Highlights & Insights¶
- The paper precisely identifies visual feature extraction as the joint-encoder bottleneck (83%–93% of inference time); the proposed offline-plus-compression solution is elegant and principled.
- The semantic analysis of the token compression adapter is highly informative: most ViT tokens are indeed redundant, and 64 compressed tokens suffice to capture critical semantics.
- The modular architecture makes EDJE a highly practical drop-in re-ranker.
- The paper's narrative is exceptionally clear, progressing logically from bottleneck analysis → paradigm shift → concrete design → experimental validation.
- This work is the first to systematically transfer the mature cross-encoder re-ranking paradigm from text retrieval to multimodal retrieval, filling an important gap.
Limitations & Future Work¶
- Coverage is limited to image-text retrieval; multilingual multimodal retrieval, audio, and video modalities are not addressed.
- The discriminative capacity of the joint encoder leaves room for improvement; replacing MiniLM with a larger or more capable language model is worth exploring.
- Performance degrades noticeably at 32 tokens; more aggressive compression methods deserve investigation.
- Gains over DFN and MetaCLIP are smaller than those over CLIP and SigLIP2 (DFN was fine-tuned as a filtering network on Flickr).
- Downstream applications where joint encoders excel—such as zero-shot classification and large-scale data filtering—are not explored.
Related Work & Insights¶
- Relation to BLIP family: EDJE can be viewed as an efficient replacement for BLIP's re-ranking capability; the core contribution is shifting visual feature extraction from online to offline.

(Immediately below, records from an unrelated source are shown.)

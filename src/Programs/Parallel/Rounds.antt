-- ===== src/Programs/Parallel/Rounds.antt =====
-- example/dubbo/go-client/cmd/client.go: the endless loop of `testSayHelloWithHighParallel`, which prints
-- the counters of each round behind `wg.Wait()`, sleeps, and begins the next.
use triple.Base.{
  ◌++◌, ◌&&◌, ◌∙◌, ap, nat_eq, ◌*◌, ◌+◌, ◌-◌, ◌≤◌, ◌≡◌, length, Bool-cases, inl, inr, zero, suc,
  count_if, if◌then◌else◌, map, arith, Bool, ℕ, List, [], ◌∷◌, refl,
}
use triple.Programs.{second}
use triple.Programs.Parallel.{new_round, callers_of_round, turn, run_round, IsOver, Turn, Round}
use triple.Programs.Parallel.Counting.{has_succeeded, new_round-Inv, turn-Inv, over-counts, Inv}
use triple.Programs.Parallel.Progress.{run_round-ends}

-- The two lines that are printed of a round.
pub data Printed : Type 0 where
  good_counter bad_counter : ℕ → Printed

-- The round that runs, what has been printed, the newest first, and how many nanoseconds the main
-- goroutine has slept.
pub record Tester : Type 0 where
  pub round : Round
  pub printed : List Printed
  pub slept : ℕ

-- A turn within the round, or the main goroutine behind `wg.Wait()`.
pub data Move : Type 0 where
  within : Turn → Move
  go_on : Move

is_over : Round → Bool
is_over r = nat_eq (length r.callers) callers_of_round && nat_eq r.wait_group 0

unfoldable pub print_counters : Tester → Tester
print_counters t = record {
  round = new_round;
  printed = bad_counter t.round.bad_counter ∷ good_counter t.round.good_counter ∷ t.printed;
  slept = t.slept + second * 5;
}

-- As long as the round is not over, `wg.Wait()` does not return.
unfoldable pub move : Move → Tester → Tester
unfolding is_over
move (within u) t = record t { round = turn u t.round }
move go_on t = if is_over t.round then print_counters t else t

unfoldable pub run_moves : List Move → Tester → Tester
run_moves [] t = t
run_moves (m ∷ moves) t = run_moves moves (move m t)

unfoldable pub new_tester : Tester
new_tester = record { round = new_round; printed = []; slept = 0 }

-- The lines stand in pairs, each of which adds up to the calls of a round.
abbrev pub AddsUp : List Printed → Type 0
AddsUp [] = Unit {0}
AddsUp (bad_counter b ∷ good_counter g ∷ ps) = (g + b ≡ callers_of_round) × AddsUp ps
AddsUp (bad_counter b ∷ bad_counter c ∷ ps) = ⊥
AddsUp (bad_counter b ∷ []) = ⊥
AddsUp (good_counter g ∷ ps) = ⊥

record IsSound (t : Tester) : Type 0 where
  counted : Inv t.round
  adds_up : AddsUp t.printed
  sleeps : 2 * t.slept ≡ length t.printed * (5 * second)

move-over : (t : Tester) → IsOver t.round → move go_on t ≡ print_counters t
unfolding move
move-over t over = ground (arith, over)

print_counters-IsSound : (t : Tester) → IsOver t.round → IsSound t → IsSound (print_counters t)
unfolding print_counters
print_counters-IsSound t over s =
    let counts = over-counts t.round s.counted over in
    record {
      counted = new_round-Inv;
      adds_up = (counts.1, s.adds_up);
      sleeps = omega (arith, s.sleeps);
    }

move-IsSound : (m : Move) (t : Tester) → IsSound t → IsSound (move m t)
unfolding move
move-IsSound (within u) t s = record {
  counted = turn-Inv u t.round s.counted;
  adds_up = s.adds_up;
  sleeps = s.sleeps;
}
move-IsSound go_on t s = elim (Bool-cases (is_over t.round)) [
  | inl over ↦ rw over (print_counters-IsSound t (unfold is_over in ground (arith, over)) s)
  | inr more ↦ rw more s
]

run_moves-IsSound : (moves : List Move) (t : Tester) → IsSound t → IsSound (run_moves moves t)
unfolding run_moves
run_moves-IsSound [] t s = s
run_moves-IsSound (m ∷ moves) t s = run_moves-IsSound moves (move m t) (move-IsSound m t s)

new_tester-IsSound : IsSound new_tester
unfolding new_tester
new_tester-IsSound = record { counted = new_round-Inv; adds_up = tt; sleeps = refl }

-- However the goroutines interleave and their calls end, the lines that have been printed stand in
-- pairs, of which each adds up to the 2000 calls of its round, and the main goroutine has slept five
-- seconds for each pair. When `wg.Wait()` returns, it prints the number of the calls of the round that
-- have succeeded and the number of the others, sleeps five seconds, and begins a fresh round; no
-- counter wraps.
pub run_moves_lem :
    (moves : List Move)
    → let t = run_moves moves new_tester in
      let succeeded = count_if has_succeeded t.round.callers in
      AddsUp t.printed
      × (2 * t.slept ≡ length t.printed * (5 * second))
      × (t.round.good_counter + t.round.bad_counter ≤ callers_of_round)
      × (IsOver t.round
          → move go_on t ≡ record {
            round = new_round;
            printed =
                bad_counter (callers_of_round - succeeded) ∷ good_counter succeeded ∷ t.printed;
            slept = t.slept + second * 5;
          })
unfolding print_counters
run_moves_lem moves =
    let t = run_moves moves new_tester in
    let s = run_moves-IsSound moves new_tester new_tester-IsSound in
    (
      s.adds_up,
      s.sleeps,
      omega (arith, s.counted.sums, s.counted.bound),
      λ over.
          let (good, sum) = over-counts t.round s.counted over in
          let bad : t.round.bad_counter
              ≡ callers_of_round - count_if has_succeeded t.round.callers =
            omega (arith, good, sum) in
          move-over t over
          ∙ ap
              (λ (p : ℕ × ℕ). record {
                round = new_round;
                printed = bad_counter p.0 ∷ good_counter p.1 ∷ t.printed;
                slept = t.slept + second * 5;
              })
              (ground (arith, good, bad)),
    )

run_moves-append :
    (ms ns : List Move) (t : Tester) → run_moves (ms ++ ns) t ≡ run_moves ns (run_moves ms t)
unfolding run_moves
run_moves-append [] ns t = refl
run_moves-append (m ∷ ms) ns t = run_moves-append ms ns (move m t)

run_moves-within :
    (turns : List Turn) (t : Tester)
    → run_moves (map within turns) t ≡ record t { round = run_round turns t.round }
unfolding run_moves move run_round
run_moves-within [] t = refl
run_moves-within (u ∷ turns) t = run_moves-within turns (move (within u) t)

-- The next round is printed after some moves.
prints_next :
    (t : Tester)
    → IsSound t
    → (more : List Move) × (length (run_moves more t).printed ≡ length t.printed + 2)
unfolding run_moves print_counters
prints_next t s =
    let (turns, over) = run_round-ends t.round s.counted in
    let t1 : Tester = record t { round = run_round turns t.round } in
    (
      map within turns ++ go_on ∷ [],
      rw
          (
            run_moves-append (map within turns) (go_on ∷ []) t,
            run_moves-within turns t,
            move-over t1 over,
          )
          (omega arith),
    )

prints_rounds :
    (n : ℕ) (t : Tester)
    → IsSound t
    → (more : List Move) × (length (run_moves more t).printed ≡ length t.printed + 2 * n)
unfolding run_moves
prints_rounds zero t s = ([], omega arith)
prints_rounds (suc n) t s =
    let (ms, one) = prints_next t s in
    let (ns, rest) = prints_rounds n (run_moves ms t) (run_moves-IsSound ms t s) in
    (ms ++ ns, rw (run_moves-append ms ns t) (omega (arith, one, rest)))

-- Whatever has been done, the program can go on for any number of rounds: there are moves after which
-- it has printed that many more pairs of lines. So no order of turns gets a round stuck.
pub run_moves-goes_on :
    (moves : List Move) (n : ℕ)
    → (more : List Move) × (length (run_moves (moves ++ more) new_tester).printed
        ≡ length (run_moves moves new_tester).printed + 2 * n)
run_moves-goes_on moves n =
    let (more, printed) =
      prints_rounds n (run_moves moves new_tester)
        (run_moves-IsSound moves new_tester new_tester-IsSound) in
    (more, rw (run_moves-append moves more new_tester) printed)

- Connection to ColBERT: The approach shares conceptual similarity with ColBERT's token-level offline storage in text retrieval, but adds a compression dimension.
- Relation to Q-Former: The token compression layer resembles BLIP-2's Q-Former but is lighter and focuses on compression rather than generation.
- Comparison with LightningDOT: LightningDOT performs re-ranking with region features but compresses each region to a single vector, making it closer in nature to an embedding model than a true joint encoder.
Rating¶
- Novelty: ⭐⭐⭐⭐ The core idea (offline visual features + compressed tokens) is intuitively clear, though each component has precedents.
- Experimental Thoroughness: ⭐⭐⭐⭐⭐ Validation spans multiple backbones, with detailed ablations, semantic visualization, and comprehensive efficiency analysis.
- Writing Quality: ⭐⭐⭐⭐⭐ Problem formulation is precise, motivation is exceptionally clear, and bottleneck analysis is data-driven.
- Value: ⭐⭐⭐⭐⭐ High practical value; fills the gap left by the absence of joint-encoder re-rankers in multimodal retrieval.